--- About this exercise ---
Only the lines below, from the one with "-- The keys" through the one with "local : Address → Key", are to be written out, exactly.

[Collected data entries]
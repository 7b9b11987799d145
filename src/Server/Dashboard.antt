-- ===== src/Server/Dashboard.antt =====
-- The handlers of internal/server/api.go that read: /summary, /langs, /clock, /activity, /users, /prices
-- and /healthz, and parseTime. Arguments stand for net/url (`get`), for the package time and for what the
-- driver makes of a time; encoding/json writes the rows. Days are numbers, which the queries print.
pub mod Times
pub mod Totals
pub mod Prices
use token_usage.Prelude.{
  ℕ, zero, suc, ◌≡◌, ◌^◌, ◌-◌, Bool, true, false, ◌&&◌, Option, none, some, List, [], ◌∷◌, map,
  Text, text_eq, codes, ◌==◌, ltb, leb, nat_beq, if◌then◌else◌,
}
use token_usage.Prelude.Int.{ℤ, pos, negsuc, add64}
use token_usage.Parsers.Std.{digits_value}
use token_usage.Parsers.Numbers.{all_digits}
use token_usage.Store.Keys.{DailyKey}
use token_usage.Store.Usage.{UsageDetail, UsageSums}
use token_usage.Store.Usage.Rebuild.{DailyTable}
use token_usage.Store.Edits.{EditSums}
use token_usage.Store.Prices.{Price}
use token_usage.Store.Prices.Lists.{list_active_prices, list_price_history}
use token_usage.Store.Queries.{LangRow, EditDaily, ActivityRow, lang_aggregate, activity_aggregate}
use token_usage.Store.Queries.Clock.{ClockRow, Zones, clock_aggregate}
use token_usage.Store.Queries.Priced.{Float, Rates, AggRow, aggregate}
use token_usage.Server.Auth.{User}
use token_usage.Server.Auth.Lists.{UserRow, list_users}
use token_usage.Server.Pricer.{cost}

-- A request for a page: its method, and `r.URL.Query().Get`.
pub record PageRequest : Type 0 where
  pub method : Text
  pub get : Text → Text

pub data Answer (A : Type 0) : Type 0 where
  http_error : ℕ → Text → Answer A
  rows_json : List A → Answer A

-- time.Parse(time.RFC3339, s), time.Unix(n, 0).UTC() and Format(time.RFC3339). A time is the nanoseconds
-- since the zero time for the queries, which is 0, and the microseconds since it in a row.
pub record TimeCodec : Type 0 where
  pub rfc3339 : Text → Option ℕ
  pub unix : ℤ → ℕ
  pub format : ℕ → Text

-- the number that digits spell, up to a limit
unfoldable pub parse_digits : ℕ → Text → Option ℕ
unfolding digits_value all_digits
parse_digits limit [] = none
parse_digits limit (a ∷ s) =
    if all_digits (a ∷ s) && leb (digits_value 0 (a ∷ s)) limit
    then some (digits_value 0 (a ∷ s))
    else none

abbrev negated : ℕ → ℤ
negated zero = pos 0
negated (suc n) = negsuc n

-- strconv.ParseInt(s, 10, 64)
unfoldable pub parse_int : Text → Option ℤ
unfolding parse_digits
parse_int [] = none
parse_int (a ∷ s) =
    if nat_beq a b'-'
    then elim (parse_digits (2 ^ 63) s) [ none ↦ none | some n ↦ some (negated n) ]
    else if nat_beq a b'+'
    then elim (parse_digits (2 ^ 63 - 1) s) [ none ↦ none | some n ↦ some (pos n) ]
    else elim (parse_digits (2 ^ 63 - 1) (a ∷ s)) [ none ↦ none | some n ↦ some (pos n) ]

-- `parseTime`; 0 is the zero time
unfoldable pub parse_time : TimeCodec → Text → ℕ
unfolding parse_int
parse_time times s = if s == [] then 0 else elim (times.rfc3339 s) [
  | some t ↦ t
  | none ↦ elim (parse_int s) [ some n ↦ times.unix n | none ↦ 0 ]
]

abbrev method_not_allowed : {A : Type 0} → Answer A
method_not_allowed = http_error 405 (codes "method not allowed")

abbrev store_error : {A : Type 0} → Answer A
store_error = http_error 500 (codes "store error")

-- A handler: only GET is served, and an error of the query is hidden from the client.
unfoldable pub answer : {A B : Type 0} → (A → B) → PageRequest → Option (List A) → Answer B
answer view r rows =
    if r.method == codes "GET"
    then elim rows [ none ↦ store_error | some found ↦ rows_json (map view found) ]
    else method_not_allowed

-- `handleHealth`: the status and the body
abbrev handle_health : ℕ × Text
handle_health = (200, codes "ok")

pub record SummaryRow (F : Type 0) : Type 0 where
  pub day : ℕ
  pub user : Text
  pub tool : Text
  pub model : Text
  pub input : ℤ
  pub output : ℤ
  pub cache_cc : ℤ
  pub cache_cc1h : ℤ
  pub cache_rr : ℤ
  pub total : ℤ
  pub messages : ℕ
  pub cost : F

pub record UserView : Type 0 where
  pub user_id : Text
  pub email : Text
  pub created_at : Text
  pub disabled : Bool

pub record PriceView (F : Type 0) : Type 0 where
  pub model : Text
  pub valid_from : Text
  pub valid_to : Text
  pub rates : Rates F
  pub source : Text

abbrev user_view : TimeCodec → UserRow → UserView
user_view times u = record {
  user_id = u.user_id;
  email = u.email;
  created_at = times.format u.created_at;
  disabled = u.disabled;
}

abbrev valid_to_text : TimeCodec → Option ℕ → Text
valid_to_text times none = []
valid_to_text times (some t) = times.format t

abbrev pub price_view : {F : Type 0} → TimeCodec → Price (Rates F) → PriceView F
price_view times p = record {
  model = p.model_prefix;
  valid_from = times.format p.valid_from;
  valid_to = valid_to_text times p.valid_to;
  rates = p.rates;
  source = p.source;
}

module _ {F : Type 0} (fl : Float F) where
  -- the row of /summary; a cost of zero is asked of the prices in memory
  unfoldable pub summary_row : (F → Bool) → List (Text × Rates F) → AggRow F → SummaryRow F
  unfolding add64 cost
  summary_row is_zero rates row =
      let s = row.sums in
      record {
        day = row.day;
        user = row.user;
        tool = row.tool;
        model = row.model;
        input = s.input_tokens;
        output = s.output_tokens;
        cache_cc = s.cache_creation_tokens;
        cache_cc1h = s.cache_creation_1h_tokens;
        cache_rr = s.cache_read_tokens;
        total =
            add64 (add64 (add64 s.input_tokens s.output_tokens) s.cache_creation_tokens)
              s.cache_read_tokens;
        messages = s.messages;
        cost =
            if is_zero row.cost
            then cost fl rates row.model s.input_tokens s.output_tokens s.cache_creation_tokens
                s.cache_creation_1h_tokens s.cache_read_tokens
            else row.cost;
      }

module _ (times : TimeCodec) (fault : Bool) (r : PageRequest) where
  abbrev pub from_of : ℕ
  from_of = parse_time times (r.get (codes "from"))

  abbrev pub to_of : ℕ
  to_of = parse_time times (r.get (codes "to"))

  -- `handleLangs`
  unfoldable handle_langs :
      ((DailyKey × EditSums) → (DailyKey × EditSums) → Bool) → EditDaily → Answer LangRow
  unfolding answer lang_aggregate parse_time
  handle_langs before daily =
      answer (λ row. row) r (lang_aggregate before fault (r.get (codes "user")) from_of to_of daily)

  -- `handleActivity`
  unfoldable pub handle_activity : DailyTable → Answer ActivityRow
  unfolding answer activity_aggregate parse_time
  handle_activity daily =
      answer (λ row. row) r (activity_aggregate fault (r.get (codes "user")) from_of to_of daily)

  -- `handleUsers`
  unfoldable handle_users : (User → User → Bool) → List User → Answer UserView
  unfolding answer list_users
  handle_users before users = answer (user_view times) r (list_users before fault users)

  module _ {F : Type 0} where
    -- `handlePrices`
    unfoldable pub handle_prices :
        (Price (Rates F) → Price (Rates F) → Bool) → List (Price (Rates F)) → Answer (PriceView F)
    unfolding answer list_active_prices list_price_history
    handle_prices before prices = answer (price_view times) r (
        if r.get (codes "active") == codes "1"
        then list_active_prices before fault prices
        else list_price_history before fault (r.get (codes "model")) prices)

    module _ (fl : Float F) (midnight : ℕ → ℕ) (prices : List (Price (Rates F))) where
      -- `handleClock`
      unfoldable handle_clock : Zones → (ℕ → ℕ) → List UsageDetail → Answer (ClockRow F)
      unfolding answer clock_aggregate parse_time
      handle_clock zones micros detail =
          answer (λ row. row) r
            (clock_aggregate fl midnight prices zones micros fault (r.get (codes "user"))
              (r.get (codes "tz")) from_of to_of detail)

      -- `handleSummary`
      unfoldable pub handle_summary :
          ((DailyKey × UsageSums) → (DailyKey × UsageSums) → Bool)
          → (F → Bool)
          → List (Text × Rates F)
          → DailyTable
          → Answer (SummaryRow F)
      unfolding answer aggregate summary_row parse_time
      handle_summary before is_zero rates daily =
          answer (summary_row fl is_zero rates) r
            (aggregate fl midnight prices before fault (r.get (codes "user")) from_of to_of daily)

...

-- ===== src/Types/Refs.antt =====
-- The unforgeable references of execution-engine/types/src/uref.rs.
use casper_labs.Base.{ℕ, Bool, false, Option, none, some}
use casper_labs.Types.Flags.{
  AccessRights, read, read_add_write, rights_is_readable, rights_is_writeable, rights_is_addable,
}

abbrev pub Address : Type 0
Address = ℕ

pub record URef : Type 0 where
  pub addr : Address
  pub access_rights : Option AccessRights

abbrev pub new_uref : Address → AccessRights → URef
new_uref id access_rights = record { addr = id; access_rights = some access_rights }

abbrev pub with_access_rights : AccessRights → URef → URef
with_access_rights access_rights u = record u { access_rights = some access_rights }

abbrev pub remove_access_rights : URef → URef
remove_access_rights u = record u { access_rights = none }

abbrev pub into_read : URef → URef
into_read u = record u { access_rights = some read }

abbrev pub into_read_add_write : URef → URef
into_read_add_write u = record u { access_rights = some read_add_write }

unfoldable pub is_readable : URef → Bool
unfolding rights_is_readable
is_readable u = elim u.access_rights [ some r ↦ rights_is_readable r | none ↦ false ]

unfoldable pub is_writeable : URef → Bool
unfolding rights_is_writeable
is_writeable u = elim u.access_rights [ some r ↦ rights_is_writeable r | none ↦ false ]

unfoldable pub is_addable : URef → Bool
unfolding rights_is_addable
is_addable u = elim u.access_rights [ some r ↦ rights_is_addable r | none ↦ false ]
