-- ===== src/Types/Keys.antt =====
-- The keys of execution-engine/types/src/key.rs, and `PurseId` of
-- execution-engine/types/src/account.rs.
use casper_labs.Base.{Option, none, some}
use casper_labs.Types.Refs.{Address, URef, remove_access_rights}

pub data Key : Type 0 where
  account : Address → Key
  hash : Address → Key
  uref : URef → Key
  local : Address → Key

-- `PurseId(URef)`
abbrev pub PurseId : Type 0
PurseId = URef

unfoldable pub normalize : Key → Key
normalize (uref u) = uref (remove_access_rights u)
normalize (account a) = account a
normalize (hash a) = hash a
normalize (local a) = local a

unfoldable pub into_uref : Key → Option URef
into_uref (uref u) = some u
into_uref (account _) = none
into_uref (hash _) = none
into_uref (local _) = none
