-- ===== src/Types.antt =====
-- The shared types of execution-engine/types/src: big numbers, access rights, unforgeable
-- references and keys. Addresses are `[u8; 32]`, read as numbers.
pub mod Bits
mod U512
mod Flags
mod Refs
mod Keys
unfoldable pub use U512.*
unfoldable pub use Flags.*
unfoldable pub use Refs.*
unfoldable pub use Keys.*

--- Your solution ---
-- The keys of execution-engine/types/src/key.rs, and `PurseId` of
-- execution-engine/types/src/account.rs.
use casper_labs.Base.{Option, none, some}
use casper_labs.Types.Refs.{Address, URef, remove_access_rights}

pub data Key : Type 0 where
  account : Address → Key
  hash : Address → Key
  uref : URef → Key
  local : Address → Key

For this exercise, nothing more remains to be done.